I spent weeks building a fully serverless task management system on AWS — Lambda, DynamoDB, Cognito, SNS, SES, Amplify, the whole stack — provisioned entirely with Terraform and wired into a GitHub Actions CI/CD pipeline.
Here's what I learned. Not the happy path. The real stuff.
Repo: github.com/celetrialprince166/Serverless-task-management-app
What I Built
A role-based task management app where:
- Admins can create, assign, update, and delete tasks
- Members can view their assigned tasks and update status
- Email notifications fire automatically when tasks are assigned or status changes
- Everything runs serverless on AWS — zero servers to manage
The stack:
| Layer | What |
|---|---|
| Frontend | React 19 + Vite + Tailwind → AWS Amplify |
| API | API Gateway REST + Cognito JWT auth |
| Compute | 15+ Lambda functions, Node.js 20, TypeScript |
| Database | DynamoDB (single-table design) |
| Notifications | DynamoDB Streams → SNS → SES |
| IaC | Terraform (modular) |
| CI/CD | GitHub Actions (Checkov + npm audit + terraform validate) |
Gotcha #1: DynamoDB Single-Table Design Is Not Optional
I started with multiple DynamoDB tables — one for tasks, one for users, one for assignments. Classic relational thinking.
The problem: DynamoDB has no JOIN. To get a task with its assignees, I needed three separate GetItem calls. Three round-trips. Three places for something to fail.

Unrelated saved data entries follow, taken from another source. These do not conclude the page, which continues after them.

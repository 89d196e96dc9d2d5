-- ===== src/Bitmap.antt =====
-- src/libratbag-util.h: a set of small numbers as an array of `unsigned long`. A `long` has 64
-- bits (LP64). An index past the array is undefined in C; here it reads 0 and writes nothing, and
-- the callers stay inside.
pub mod Laws
use libratbag.Base.{
  ℕ, ◌-◌, ◌/◌, ◌%◌, ◌^◌, bit_and, bit_or, Bool, true, false, not, List, get_or, set, ◌==◌,
  if◌then◌else◌,
}

abbrev pub long_bits : ℕ
long_bits = 64

-- Reads the bit with `array[bit / LONG_BITS] & (1LL << (bit % LONG_BITS))`.
unfoldable pub long_bit_is_set : List ℕ → ℕ → Bool
long_bit_is_set array bit =
    not (bit_and (get_or array (bit / long_bits) 0) (2 ^ (bit % long_bits)) == 0)

unfoldable pub long_set_bit : List ℕ → ℕ → List ℕ
long_set_bit array bit =
    set array (bit / long_bits) (bit_or (get_or array (bit / long_bits) 0) (2 ^ (bit % long_bits)))

-- `~(1LL << k)` is `2 ^ 64 - 1 - 2 ^ k`.
unfoldable pub long_clear_bit : List ℕ → ℕ → List ℕ
long_clear_bit array bit =
    set array (bit / long_bits)
      (bit_and (get_or array (bit / long_bits) 0) (2 ^ long_bits - 1 - 2 ^ (bit % long_bits)))

pub long_set_bit_state : List ℕ → ℕ → Bool → List ℕ
long_set_bit_state array bit state =
    if state then long_set_bit array bit else long_clear_bit array bit
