-- ===== src/Bits/Step.antt =====
-- The native `&` and `|` count their rounds down from the first number. One equation for the
-- lowest digit takes the count away.
use Prim.Native.Nat.{digits, bit_and-bitwise, bit_or-bitwise}
use libratbag.Base.{
  ℕ, zero, suc, ◌+◌, ◌-◌, ◌*◌, ◌/◌, ◌%◌, ◌≤◌, min, max, bit_and, bit_or, ◌≡◌, refl, ap, ◌∙◌, arith,
}

module _ (ended : ℕ → ℕ) (digit : ℕ → ℕ → ℕ) where
  abbrev pub run : ℕ → ℕ → ℕ → ℕ
  run rounds a b = digits ended digit rounds a b

  -- A round more changes nothing once there are enough.
  one_more : (rounds a b : ℕ) → a ≤ rounds → run (suc rounds) a b ≡ run rounds a b
  one_more zero zero b enough = refl
  one_more zero (suc a) b enough = absurd (omega arith)
  one_more (suc r) zero b enough = refl
  one_more (suc r) (suc a) b enough =
      ap (λ (t : ℕ). t * 2 + digit (suc a % 2) (b % 2))
        (one_more r (suc a / 2) (b / 2) (omega arith))

  many_more : (extra rounds a b : ℕ) → rounds ≡ extra + a → run rounds a b ≡ run a a b
  many_more zero rounds a b h = ap (λ (r : ℕ). run r a b) (omega arith)
  many_more (suc extra) rounds a b h =
      ap (λ (r : ℕ). run r a b) more
      ∙ one_more (extra + a) a b (omega arith)
      ∙ many_more extra (extra + a) a b refl
    where
      more : rounds ≡ suc (extra + a)
      more = omega arith

  pub lowest :
      (a b : ℕ)
      → run (suc a) (suc a) b ≡ run (suc a / 2) (suc a / 2) (b / 2) * 2 + digit (suc a % 2) (b % 2)
  lowest a b =
      ap (λ (t : ℕ). t * 2 + digit (suc a % 2) (b % 2))
        (many_more (a - suc a / 2) a (suc a / 2) (b / 2) (omega arith))

pub bit_and_step : (w v : ℕ) → bit_and w v ≡ min (w % 2) (v % 2) + 2 * bit_and (w / 2) (v / 2)
bit_and_step zero v = omega (arith, bit_and-bitwise 0 (v / 2), bit_and-bitwise 0 v)
bit_and_step (suc w) v =
    omega (
      arith,
      lowest (λ v. 0) min w v,
      bit_and-bitwise (suc w / 2) (v / 2),
      bit_and-bitwise (suc w) v,
    )

pub bit_or_step : (w v : ℕ) → bit_or w v ≡ max (w % 2) (v % 2) + 2 * bit_or (w / 2) (v / 2)
bit_or_step zero v = omega (arith, bit_or-bitwise 0 (v / 2), bit_or-bitwise 0 v)
bit_or_step (suc w) v =
    omega
      (arith, lowest (λ v. v) max w v, bit_or-bitwise (suc w / 2) (v / 2), bit_or-bitwise (suc w) v)

nothing_in_common : (rounds w : ℕ) → digits (λ v. 0) min rounds w 0 ≡ 0
nothing_in_common zero w = refl
nothing_in_common (suc rounds) zero = refl
nothing_in_common (suc rounds) (suc w) = omega (arith, nothing_in_common rounds (suc w / 2))

pub bit_and-zero : (w : ℕ) → bit_and w 0 ≡ 0
bit_and-zero w = bit_and-bitwise w 0 ∙ nothing_in_common w w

The fix: single-table design using composite primary keys.
// Task item
{ PK: "TASK#01HXYZ", SK: "METADATA", status: "IN_PROGRESS", ... }
// Assignment — same table, different SK prefix
{ PK: "TASK#01HXYZ", SK: "ASSIGN#USER#01HJKL", ... }
Now query(PK = "TASK#01HXYZ") returns the task AND all its assignments in one call. The begins_with("ASSIGN#") filter separates them client-side.
The trade-off: you must define ALL access patterns before building the schema. Change your access patterns later and you're adding GSIs or doing table scans.
I used PAY_PER_REQUEST billing — scales to zero when nothing's happening, which is perfect for a project portfolio app.
Gotcha #2: The Cognito Post-Confirmation Trigger Fires More Than Once
I added a post-confirmation Lambda trigger to create the user record in DynamoDB after signup.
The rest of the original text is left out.